* RECORDED DATA
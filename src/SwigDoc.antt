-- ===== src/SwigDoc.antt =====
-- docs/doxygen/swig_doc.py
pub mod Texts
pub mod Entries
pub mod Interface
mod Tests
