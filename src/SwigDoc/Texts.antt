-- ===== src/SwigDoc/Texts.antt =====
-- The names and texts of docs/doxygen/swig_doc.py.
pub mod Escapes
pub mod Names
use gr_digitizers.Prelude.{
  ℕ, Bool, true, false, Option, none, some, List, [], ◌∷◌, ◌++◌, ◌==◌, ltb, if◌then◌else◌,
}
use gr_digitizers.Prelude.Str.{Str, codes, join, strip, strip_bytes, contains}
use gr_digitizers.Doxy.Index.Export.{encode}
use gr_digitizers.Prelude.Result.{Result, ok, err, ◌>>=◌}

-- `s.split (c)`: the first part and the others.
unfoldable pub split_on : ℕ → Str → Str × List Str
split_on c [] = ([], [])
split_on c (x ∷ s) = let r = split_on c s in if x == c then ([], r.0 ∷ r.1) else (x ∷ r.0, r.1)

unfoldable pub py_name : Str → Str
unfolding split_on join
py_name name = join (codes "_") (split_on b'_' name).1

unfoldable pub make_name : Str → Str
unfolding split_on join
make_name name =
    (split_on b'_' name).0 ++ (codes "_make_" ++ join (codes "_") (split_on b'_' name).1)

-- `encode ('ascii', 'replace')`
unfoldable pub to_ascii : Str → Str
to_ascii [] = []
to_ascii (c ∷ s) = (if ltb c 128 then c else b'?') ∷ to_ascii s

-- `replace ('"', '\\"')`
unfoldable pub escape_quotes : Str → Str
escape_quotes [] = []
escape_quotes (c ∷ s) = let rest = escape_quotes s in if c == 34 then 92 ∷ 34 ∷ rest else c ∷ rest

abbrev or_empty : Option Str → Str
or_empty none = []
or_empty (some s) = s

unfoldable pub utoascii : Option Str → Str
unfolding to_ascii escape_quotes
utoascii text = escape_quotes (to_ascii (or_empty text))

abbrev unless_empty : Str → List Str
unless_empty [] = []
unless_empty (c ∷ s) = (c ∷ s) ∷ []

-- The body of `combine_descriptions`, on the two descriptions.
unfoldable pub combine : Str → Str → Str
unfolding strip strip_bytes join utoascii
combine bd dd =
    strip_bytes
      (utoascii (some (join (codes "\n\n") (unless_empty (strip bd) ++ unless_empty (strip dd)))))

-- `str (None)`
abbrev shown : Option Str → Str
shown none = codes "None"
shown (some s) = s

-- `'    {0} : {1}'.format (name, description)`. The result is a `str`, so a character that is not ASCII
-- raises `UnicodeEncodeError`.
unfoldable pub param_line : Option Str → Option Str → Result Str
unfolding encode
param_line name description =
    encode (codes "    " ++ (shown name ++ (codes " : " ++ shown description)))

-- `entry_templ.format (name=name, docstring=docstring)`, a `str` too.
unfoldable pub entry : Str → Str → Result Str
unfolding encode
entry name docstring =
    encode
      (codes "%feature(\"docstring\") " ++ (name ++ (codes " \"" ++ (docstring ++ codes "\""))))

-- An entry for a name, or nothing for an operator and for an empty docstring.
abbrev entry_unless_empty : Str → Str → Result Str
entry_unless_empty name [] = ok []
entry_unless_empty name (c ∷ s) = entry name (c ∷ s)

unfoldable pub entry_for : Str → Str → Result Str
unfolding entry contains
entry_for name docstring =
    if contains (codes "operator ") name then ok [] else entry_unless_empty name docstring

* WHAT IS BEING ASKED
The full listing has to be duplicated exactly.

* WRITTEN RESPONSE
filename src/SwigDoc.antt
-- ===== src/SwigDoc.antt =====
-- docs/doxygen/swig_doc.py
pub mod Texts
pub mod Entries
pub mod Interface
mod Tests
filename src/SwigDoc/Texts.antt
-- ===== src/SwigDoc/Texts.antt =====
-- The names and texts of docs/doxygen/swig_doc.py.
pub mod Escapes
pub mod Names
use gr_digitizers.Prelude.{
  ℕ, Bool, true, false, Option, none, some, List, [], ◌∷◌, ◌++◌, ◌==◌, ltb, if◌then◌else◌,
}
use gr_digitizers.Prelude.Str.{Str, codes, join, strip, strip_bytes, contains}
use gr_digitizers.Doxy.Index.Export.{encode}
use gr_digitizers.Prelude.Result.{Result, ok, err, ◌>>=◌}

-- `s.split (c)`: the first part and the others.
unfoldable pub split_on : ℕ → Str → Str × List Str
split_on c [] = ([], [])
split_on c (x ∷ s) = let r = split_on c s in if x == c then ([], r.0 ∷ r.1) else (x ∷ r.0, r.1)

unfoldable pub py_name : Str → Str
unfolding split_on join
py_name name = join (codes "_") (split_on b'_' name).1

unfoldable pub make_name : Str → Str
unfolding split_on join
make_name name =
    (split_on b'_' name).0 ++ (codes "_make_" ++ join (codes "_") (split_on b'_' name).1)

-- `encode ('ascii', 'replace')`
unfoldable pub to_ascii : Str → Str
to_ascii [] = []
to_ascii (c ∷ s) = (if ltb c 128 then c else b'?') ∷ to_ascii s

-- `replace ('"', '\\"')`
unfoldable pub escape_quotes : Str → Str
escape_quotes [] = []
escape_quotes (c ∷ s) = let rest = escape_quotes s in if c == 34 then 92 ∷ 34 ∷ rest else c ∷ rest

abbrev or_empty : Option Str → Str
or_empty none = []
or_empty (some s) = s

unfoldable pub utoascii : Option Str → Str
unfolding to_ascii escape_quotes
utoascii text = escape_quotes (to_ascii (or_empty text))

abbrev unless_empty : Str → List Str
unless_empty [] = []
unless_empty (c ∷ s) = (c ∷ s) ∷ []

-- The body of `combine_descriptions`, on the two descriptions.
unfoldable pub combine : Str → Str → Str
unfolding strip strip_bytes join utoascii
combine bd dd =
    strip_bytes
      (utoascii (some (join (codes "\n\n") (unless_empty (strip bd) ++ unless_empty (strip dd)))))

-- `str (None)`
abbrev shown : Option Str → Str
shown none = codes "None"
shown (some s) = s

-- `'    {0} : {1}'.format (name, description)`. The result is a `str`, so a character that is not ASCII
-- raises `UnicodeEncodeError`.
unfoldable pub param_line : Option Str → Option Str → Result Str
unfolding encode
param_line name description =
    encode (codes "    " ++ (shown name ++ (codes " : " ++ shown description)))

-- `entry_templ.format (name=name, docstring=docstring)`, a `str` too.
unfoldable pub entry : Str → Str → Result Str
unfolding encode
entry name docstring =
    encode
      (codes "%feature(\"docstring\") " ++ (name ++ (codes " \"" ++ (docstring ++ codes "\""))))

-- An entry for a name, or nothing for an operator and for an empty docstring.
abbrev entry_unless_empty : Str → Str → Result Str
entry_unless_empty name [] = ok []
entry_unless_empty name (c ∷ s) = entry name (c ∷ s)

unfoldable pub entry_for : Str → Str → Result Str
unfolding entry contains
entry_for name docstring =
    if contains (codes "operator ") name then ok [] else entry_unless_empty name docstring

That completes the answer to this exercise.